** EXERCISE **
Please print all of the entries, matching them exactly.

** AVAILABLE DATA **
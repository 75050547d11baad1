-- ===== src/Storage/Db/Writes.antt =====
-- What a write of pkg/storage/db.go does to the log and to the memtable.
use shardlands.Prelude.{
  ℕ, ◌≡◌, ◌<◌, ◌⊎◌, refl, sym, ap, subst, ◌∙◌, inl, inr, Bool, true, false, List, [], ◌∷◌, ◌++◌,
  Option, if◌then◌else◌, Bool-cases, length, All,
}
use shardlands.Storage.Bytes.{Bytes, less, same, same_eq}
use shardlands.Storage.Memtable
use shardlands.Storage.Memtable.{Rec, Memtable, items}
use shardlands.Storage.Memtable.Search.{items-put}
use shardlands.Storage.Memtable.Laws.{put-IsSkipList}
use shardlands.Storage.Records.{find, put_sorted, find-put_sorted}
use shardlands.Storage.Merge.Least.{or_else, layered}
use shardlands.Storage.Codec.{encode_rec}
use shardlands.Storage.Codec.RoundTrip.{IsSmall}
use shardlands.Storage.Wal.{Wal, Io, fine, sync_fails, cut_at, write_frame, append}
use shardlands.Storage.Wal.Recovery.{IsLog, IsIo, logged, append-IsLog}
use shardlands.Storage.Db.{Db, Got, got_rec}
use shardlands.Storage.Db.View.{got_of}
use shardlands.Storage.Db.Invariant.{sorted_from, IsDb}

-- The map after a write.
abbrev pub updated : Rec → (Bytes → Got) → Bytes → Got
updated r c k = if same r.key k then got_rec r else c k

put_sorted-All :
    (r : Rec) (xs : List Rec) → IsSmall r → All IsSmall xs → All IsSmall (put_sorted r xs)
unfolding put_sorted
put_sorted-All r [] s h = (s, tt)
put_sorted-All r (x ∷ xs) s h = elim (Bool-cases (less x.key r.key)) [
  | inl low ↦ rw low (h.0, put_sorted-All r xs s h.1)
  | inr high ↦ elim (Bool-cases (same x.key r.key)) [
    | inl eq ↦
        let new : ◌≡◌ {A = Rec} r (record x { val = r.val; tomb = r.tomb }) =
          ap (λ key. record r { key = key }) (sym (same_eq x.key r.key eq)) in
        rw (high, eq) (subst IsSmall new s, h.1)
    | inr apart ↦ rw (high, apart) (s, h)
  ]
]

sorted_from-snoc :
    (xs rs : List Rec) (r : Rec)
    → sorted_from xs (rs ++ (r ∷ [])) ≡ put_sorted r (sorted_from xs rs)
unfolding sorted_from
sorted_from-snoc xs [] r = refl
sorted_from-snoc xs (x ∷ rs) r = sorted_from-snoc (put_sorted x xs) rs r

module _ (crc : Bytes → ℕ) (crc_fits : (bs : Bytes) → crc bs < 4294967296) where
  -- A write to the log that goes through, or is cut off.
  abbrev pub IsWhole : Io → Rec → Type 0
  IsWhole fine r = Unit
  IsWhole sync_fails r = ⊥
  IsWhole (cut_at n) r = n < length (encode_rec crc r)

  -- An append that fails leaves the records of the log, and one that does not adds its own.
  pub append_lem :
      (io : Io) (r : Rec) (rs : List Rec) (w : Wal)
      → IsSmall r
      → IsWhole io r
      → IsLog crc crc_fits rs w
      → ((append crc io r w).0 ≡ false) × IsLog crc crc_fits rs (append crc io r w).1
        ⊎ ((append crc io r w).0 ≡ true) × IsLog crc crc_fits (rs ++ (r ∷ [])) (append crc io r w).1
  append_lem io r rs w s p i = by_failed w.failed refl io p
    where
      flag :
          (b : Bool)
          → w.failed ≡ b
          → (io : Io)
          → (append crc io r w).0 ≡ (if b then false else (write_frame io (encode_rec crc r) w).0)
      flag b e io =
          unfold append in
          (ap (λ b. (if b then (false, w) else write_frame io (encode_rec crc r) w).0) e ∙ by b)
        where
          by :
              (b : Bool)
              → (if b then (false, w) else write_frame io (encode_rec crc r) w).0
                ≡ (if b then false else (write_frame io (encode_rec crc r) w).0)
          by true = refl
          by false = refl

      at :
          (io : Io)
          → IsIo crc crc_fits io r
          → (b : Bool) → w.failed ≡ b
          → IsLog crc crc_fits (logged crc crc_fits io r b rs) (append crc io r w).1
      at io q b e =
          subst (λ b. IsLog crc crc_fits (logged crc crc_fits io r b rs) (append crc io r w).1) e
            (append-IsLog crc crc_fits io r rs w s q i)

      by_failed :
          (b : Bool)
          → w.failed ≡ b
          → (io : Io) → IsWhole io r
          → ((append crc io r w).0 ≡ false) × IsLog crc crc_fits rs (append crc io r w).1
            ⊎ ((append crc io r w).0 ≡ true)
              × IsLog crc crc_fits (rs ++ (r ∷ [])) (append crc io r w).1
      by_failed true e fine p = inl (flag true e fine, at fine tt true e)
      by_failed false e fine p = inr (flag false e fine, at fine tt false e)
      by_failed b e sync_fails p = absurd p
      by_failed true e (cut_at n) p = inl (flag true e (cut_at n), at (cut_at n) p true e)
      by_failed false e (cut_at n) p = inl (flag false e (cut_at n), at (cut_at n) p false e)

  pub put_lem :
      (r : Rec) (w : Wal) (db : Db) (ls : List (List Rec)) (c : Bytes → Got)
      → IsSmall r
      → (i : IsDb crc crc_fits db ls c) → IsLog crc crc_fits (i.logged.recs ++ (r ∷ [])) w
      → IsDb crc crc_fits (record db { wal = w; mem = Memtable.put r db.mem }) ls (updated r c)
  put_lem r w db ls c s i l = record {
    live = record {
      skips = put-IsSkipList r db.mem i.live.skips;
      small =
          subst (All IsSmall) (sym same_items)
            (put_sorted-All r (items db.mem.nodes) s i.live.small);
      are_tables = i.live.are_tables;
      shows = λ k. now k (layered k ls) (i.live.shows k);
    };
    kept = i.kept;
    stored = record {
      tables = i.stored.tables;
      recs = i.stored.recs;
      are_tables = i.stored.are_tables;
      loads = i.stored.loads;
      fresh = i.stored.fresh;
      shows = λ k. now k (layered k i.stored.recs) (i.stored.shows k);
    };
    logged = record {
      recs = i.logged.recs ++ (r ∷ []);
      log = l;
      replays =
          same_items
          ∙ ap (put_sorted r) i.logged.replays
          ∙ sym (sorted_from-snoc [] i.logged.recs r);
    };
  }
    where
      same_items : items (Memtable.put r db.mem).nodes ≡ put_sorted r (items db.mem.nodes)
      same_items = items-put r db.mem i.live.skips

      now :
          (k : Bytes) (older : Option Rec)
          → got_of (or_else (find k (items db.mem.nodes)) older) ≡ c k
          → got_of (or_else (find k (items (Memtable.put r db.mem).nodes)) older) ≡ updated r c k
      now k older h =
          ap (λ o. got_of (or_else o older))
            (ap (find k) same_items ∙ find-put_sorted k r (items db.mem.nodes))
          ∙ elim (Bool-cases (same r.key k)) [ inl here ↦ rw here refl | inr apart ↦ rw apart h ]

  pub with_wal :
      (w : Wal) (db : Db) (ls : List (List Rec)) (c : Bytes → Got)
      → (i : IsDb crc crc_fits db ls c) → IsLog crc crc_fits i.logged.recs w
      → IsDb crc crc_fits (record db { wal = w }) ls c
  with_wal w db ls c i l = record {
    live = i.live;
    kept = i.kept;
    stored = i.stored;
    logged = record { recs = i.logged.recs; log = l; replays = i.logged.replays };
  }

** ANSWER TO THIS TASK **
repository 75050547d11baad1
-- ===== src/Storage/Db/Writes.antt =====
-- What a write of pkg/storage/db.go does to the log and to the memtable.
use shardlands.Prelude.{
  ℕ, ◌≡◌, ◌<◌, ◌⊎◌, refl, sym, ap, subst, ◌∙◌, inl, inr, Bool, true, false, List, [], ◌∷◌, ◌++◌,
  Option, if◌then◌else◌, Bool-cases, length, All,
}
use shardlands.Storage.Bytes.{Bytes, less, same, same_eq}
use shardlands.Storage.Memtable
use shardlands.Storage.Memtable.{Rec, Memtable, items}
use shardlands.Storage.Memtable.Search.{items-put}
use shardlands.Storage.Memtable.Laws.{put-IsSkipList}
use shardlands.Storage.Records.{find, put_sorted, find-put_sorted}
use shardlands.Storage.Merge.Least.{or_else, layered}
use shardlands.Storage.Codec.{encode_rec}
use shardlands.Storage.Codec.RoundTrip.{IsSmall}
use shardlands.Storage.Wal.{Wal, Io, fine, sync_fails, cut_at, write_frame, append}
use shardlands.Storage.Wal.Recovery.{IsLog, IsIo, logged, append-IsLog}
use shardlands.Storage.Db.{Db, Got, got_rec}
use shardlands.Storage.Db.View.{got_of}
use shardlands.Storage.Db.Invariant.{sorted_from, IsDb}

-- The map after a write.
abbrev pub updated : Rec → (Bytes → Got) → Bytes → Got
updated r c k = if same r.key k then got_rec r else c k

put_sorted-All :
    (r : Rec) (xs : List Rec) → IsSmall r → All IsSmall xs → All IsSmall (put_sorted r xs)
unfolding put_sorted
put_sorted-All r [] s h = (s, tt)
put_sorted-All r (x ∷ xs) s h = elim (Bool-cases (less x.key r.key)) [
  | inl low ↦ rw low (h.0, put_sorted-All r xs s h.1)
  | inr high ↦ elim (Bool-cases (same x.key r.key)) [
    | inl eq ↦
        let new : ◌≡◌ {A = Rec} r (record x { val = r.val; tomb = r.tomb }) =
          ap (λ key. record r { key = key }) (sym (same_eq x.key r.key eq)) in
        rw (high, eq) (subst IsSmall new s, h.1)
    | inr apart ↦ rw (high, apart) (s, h)
  ]
]

sorted_from-snoc :
    (xs rs : List Rec) (r : Rec)
    → sorted_from xs (rs ++ (r ∷ [])) ≡ put_sorted r (sorted_from xs rs)
unfolding sorted_from
sorted_from-snoc xs [] r = refl
sorted_from-snoc xs (x ∷ rs) r = sorted_from-snoc (put_sorted x xs) rs r

module _ (crc : Bytes → ℕ) (crc_fits : (bs : Bytes) → crc bs < 4294967296) where
  -- A write to the log that goes through, or is cut off.
  abbrev pub IsWhole : Io → Rec → Type 0
  IsWhole fine r = Unit
  IsWhole sync_fails r = ⊥
  IsWhole (cut_at n) r = n < length (encode_rec crc r)

  -- An append that fails leaves the records of the log, and one that does not adds its own.
  pub append_lem :
      (io : Io) (r : Rec) (rs : List Rec) (w : Wal)
      → IsSmall r
      → IsWhole io r
      → IsLog crc crc_fits rs w
      → ((append crc io r w).0 ≡ false) × IsLog crc crc_fits rs (append crc io r w).1
        ⊎ ((append crc io r w).0 ≡ true) × IsLog crc crc_fits (rs ++ (r ∷ [])) (append crc io r w).1
  append_lem io r rs w s p i = by_failed w.failed refl io p
    where
      flag :
          (b : Bool)
          → w.failed ≡ b
          → (io : Io)
          → (append crc io r w).0 ≡ (if b then false else (write_frame io (encode_rec crc r) w).0)
      flag b e io =
          unfold append in
          (ap (λ b. (if b then (false, w) else write_frame io (encode_rec crc r) w).0) e ∙ by b)
        where
          by :
              (b : Bool)
              → (if b then (false, w) else write_frame io (encode_rec crc r) w).0
                ≡ (if b then false else (write_frame io (encode_rec crc r) w).0)
          by true = refl
          by false = refl

      at :
          (io : Io)
          → IsIo crc crc_fits io r
          → (b : Bool) → w.failed ≡ b
          → IsLog crc crc_fits (logged crc crc_fits io r b rs) (append crc io r w).1
      at io q b e =
          subst (λ b. IsLog crc crc_fits (logged crc crc_fits io r b rs) (append crc io r w).1) e
            (append-IsLog crc crc_fits io r rs w s q i)

      by_failed :
          (b : Bool)
          → w.failed ≡ b
          → (io : Io) → IsWhole io r
          → ((append crc io r w).0 ≡ false) × IsLog crc crc_fits rs (append crc io r w).1
            ⊎ ((append crc io r w).0 ≡ true)
              × IsLog crc crc_fits (rs ++ (r ∷ [])) (append crc io r w).1
      by_failed true e fine p = inl (flag true e fine, at fine tt true e)
      by_failed false e fine p = inr (flag false e fine, at fine tt false e)
      by_failed b e sync_fails p = absurd p
      by_failed true e (cut_at n) p = inl (flag true e (cut_at n), at (cut_at n) p true e)
      by_failed false e (cut_at n) p = inl (flag false e (cut_at n), at (cut_at n) p false e)

  pub put_lem :
      (r : Rec) (w : Wal) (db : Db) (ls : List (List Rec)) (c : Bytes → Got)
      → IsSmall r
      → (i : IsDb crc crc_fits db ls c) → IsLog crc crc_fits (i.logged.recs ++ (r ∷ [])) w
      → IsDb crc crc_fits (record db { wal = w; mem = Memtable.put r db.mem }) ls (updated r c)
  put_lem r w db ls c s i l = record {
    live = record {
      skips = put-IsSkipList r db.mem i.live.skips;
      small =
          subst (All IsSmall) (sym same_items)
            (put_sorted-All r (items db.mem.nodes) s i.live.small);
      are_tables = i.live.are_tables;
      shows = λ k. now k (layered k ls) (i.live.shows k);
    };
    kept = i.kept;
    stored = record {
      tables = i.stored.tables;
      recs = i.stored.recs;
      are_tables = i.stored.are_tables;
      loads = i.stored.loads;
      fresh = i.stored.fresh;
      shows = λ k. now k (layered k i.stored.recs) (i.stored.shows k);
    };
    logged = record {
      recs = i.logged.recs ++ (r ∷ []);
      log = l;
      replays =
          same_items
          ∙ ap (put_sorted r) i.logged.replays
          ∙ sym (sorted_from-snoc [] i.logged.recs r);
    };
  }
    where
      same_items : items (Memtable.put r db.mem).nodes ≡ put_sorted r (items db.mem.nodes)
      same_items = items-put r db.mem i.live.skips

      now :
          (k : Bytes) (older : Option Rec)
          → got_of (or_else (find k (items db.mem.nodes)) older) ≡ c k
          → got_of (or_else (find k (items (Memtable.put r db.mem).nodes)) older) ≡ updated r c k
      now k older h =
          ap (λ o. got_of (or_else o older))
            (ap (find k) same_items ∙ find-put_sorted k r (items db.mem.nodes))
          ∙ elim (Bool-cases (same r.key k)) [ inl here ↦ rw here refl | inr apart ↦ rw apart h ]

  pub with_wal :
      (w : Wal) (db : Db) (ls : List (List Rec)) (c : Bytes → Got)
      → (i : IsDb crc crc_fits db ls c) → IsLog crc crc_fits i.logged.recs w
      → IsDb crc crc_fits (record db { wal = w }) ls c
  with_wal w db ls c i l = record {
    live = i.live;
    kept = i.kept;
    stored = i.stored;
    logged = record { recs = i.logged.recs; log = l; replays = i.logged.replays };
  }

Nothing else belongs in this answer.